• Data section:
+ + +

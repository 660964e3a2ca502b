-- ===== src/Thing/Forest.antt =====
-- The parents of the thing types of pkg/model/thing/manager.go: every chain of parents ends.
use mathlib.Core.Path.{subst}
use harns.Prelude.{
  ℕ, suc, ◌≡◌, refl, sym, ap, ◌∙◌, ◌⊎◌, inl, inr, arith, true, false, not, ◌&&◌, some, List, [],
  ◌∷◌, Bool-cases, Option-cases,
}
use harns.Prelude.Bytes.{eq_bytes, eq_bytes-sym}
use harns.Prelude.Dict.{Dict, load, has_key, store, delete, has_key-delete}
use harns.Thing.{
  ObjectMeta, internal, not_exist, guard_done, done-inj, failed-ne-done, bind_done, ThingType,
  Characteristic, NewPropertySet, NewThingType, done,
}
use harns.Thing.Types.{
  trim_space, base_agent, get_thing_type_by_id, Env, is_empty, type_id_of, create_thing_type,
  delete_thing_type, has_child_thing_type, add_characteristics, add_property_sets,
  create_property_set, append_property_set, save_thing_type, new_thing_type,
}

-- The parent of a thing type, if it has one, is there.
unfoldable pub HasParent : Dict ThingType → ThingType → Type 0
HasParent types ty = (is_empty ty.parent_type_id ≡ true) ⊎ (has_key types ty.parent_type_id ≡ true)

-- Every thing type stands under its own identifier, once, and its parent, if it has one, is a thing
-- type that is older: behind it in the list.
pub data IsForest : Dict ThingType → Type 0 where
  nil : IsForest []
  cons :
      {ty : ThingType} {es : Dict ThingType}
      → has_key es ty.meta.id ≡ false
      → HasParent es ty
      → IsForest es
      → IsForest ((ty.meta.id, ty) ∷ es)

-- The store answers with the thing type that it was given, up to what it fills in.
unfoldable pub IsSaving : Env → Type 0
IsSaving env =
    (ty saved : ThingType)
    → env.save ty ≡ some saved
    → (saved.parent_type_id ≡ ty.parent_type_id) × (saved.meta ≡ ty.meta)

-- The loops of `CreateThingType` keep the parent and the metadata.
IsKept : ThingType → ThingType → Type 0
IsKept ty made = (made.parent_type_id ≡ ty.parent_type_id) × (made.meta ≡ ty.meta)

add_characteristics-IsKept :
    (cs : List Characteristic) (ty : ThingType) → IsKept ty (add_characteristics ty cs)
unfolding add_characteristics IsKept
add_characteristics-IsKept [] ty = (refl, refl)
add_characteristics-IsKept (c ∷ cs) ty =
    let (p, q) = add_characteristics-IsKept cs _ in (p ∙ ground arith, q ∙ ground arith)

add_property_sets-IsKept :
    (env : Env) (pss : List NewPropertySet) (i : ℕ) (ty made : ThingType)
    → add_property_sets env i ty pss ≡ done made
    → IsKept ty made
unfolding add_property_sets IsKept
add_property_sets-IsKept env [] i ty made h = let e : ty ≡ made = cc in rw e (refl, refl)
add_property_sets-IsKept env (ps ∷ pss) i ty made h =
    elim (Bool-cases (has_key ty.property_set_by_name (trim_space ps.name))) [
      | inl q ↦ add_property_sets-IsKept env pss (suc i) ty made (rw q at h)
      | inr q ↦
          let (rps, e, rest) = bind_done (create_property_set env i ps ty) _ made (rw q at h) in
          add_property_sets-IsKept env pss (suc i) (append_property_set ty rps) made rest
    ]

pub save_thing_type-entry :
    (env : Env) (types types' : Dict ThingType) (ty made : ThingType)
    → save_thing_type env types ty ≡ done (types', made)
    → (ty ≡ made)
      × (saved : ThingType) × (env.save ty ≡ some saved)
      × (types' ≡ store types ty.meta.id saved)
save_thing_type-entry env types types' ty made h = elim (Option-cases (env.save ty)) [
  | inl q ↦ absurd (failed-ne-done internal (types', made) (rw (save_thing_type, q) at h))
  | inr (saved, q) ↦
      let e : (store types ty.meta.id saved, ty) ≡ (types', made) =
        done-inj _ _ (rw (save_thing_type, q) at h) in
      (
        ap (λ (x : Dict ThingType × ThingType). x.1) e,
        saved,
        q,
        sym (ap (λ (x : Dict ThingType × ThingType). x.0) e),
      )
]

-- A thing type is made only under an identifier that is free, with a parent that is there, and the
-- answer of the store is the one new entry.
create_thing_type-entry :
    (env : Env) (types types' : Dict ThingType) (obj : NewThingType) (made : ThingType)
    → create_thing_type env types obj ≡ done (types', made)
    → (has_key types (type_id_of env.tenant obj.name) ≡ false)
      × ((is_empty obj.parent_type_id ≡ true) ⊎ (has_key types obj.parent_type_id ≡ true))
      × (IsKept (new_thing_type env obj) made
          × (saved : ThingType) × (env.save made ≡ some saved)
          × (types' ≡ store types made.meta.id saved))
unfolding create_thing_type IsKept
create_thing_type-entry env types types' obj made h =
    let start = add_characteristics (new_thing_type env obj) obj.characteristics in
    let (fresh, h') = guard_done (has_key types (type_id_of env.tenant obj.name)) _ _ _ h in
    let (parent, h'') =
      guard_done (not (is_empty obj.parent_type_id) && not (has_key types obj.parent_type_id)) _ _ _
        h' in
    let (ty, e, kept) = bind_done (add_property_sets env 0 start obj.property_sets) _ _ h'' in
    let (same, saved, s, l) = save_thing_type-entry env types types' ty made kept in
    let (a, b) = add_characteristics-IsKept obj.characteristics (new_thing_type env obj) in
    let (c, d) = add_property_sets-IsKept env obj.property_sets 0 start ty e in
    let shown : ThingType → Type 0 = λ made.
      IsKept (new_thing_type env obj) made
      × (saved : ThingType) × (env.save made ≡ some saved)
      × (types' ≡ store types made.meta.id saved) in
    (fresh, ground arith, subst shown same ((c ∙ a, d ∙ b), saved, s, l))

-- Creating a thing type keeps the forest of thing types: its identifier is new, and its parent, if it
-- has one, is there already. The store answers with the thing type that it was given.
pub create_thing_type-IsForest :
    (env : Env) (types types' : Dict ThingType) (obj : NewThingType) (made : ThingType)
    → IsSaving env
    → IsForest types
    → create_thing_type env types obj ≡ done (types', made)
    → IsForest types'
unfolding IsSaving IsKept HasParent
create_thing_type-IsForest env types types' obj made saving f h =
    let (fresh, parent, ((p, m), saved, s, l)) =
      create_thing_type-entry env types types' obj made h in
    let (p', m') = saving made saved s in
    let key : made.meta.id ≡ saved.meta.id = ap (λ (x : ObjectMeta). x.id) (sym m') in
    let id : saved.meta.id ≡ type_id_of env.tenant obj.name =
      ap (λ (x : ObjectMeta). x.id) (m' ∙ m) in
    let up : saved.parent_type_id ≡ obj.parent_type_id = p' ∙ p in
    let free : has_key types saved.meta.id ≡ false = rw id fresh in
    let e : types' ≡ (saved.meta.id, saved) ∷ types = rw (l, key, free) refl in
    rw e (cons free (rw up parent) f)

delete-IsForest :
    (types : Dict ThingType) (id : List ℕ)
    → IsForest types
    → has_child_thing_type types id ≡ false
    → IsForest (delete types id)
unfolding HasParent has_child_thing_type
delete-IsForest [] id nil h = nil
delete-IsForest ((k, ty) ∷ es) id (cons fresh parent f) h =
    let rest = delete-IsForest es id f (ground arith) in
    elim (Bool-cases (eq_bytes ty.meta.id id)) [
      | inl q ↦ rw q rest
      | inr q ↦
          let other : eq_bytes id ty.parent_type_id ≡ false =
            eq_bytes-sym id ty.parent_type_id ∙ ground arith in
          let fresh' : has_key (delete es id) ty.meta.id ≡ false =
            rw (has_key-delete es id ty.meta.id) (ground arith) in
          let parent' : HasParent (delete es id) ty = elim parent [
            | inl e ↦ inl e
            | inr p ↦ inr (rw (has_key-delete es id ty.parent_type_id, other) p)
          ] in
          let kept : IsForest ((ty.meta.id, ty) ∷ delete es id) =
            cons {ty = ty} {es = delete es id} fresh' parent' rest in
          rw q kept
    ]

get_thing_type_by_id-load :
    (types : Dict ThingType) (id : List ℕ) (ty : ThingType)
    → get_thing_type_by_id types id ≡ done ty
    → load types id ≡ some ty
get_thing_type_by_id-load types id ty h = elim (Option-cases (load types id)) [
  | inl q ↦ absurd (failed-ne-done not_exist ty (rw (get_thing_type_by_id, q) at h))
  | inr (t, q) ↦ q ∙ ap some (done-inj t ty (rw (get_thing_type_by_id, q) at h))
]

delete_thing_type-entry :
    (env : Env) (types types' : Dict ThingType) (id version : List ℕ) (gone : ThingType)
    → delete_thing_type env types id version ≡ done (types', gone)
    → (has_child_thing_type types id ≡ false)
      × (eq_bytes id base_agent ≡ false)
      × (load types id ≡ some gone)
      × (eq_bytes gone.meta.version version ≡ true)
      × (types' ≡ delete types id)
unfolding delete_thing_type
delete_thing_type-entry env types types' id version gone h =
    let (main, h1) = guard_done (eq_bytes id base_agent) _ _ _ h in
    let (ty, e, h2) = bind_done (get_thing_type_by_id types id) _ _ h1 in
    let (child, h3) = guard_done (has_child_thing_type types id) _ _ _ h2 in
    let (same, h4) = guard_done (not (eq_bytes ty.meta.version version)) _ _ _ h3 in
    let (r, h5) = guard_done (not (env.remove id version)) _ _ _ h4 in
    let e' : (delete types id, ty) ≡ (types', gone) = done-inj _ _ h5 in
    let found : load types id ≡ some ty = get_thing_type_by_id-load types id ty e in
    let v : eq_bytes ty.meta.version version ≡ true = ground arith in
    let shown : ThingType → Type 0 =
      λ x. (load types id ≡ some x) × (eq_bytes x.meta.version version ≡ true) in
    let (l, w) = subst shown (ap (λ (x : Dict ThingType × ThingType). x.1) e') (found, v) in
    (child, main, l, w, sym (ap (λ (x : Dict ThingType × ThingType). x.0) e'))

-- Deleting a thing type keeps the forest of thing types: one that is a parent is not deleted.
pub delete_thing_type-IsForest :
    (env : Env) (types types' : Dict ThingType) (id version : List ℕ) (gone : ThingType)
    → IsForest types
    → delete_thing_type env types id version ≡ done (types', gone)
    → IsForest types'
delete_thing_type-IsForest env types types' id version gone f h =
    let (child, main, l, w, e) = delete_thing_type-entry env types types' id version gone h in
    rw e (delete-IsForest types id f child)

+ + +

• What you need to do:
All lines in the records with the string "unfolding" should be copied out.

• Result of the task:
unfolding add_characteristics IsKept
unfolding add_property_sets IsKept
unfolding create_thing_type IsKept
unfolding IsSaving IsKept HasParent
unfolding HasParent has_child_thing_type
unfolding delete_thing_type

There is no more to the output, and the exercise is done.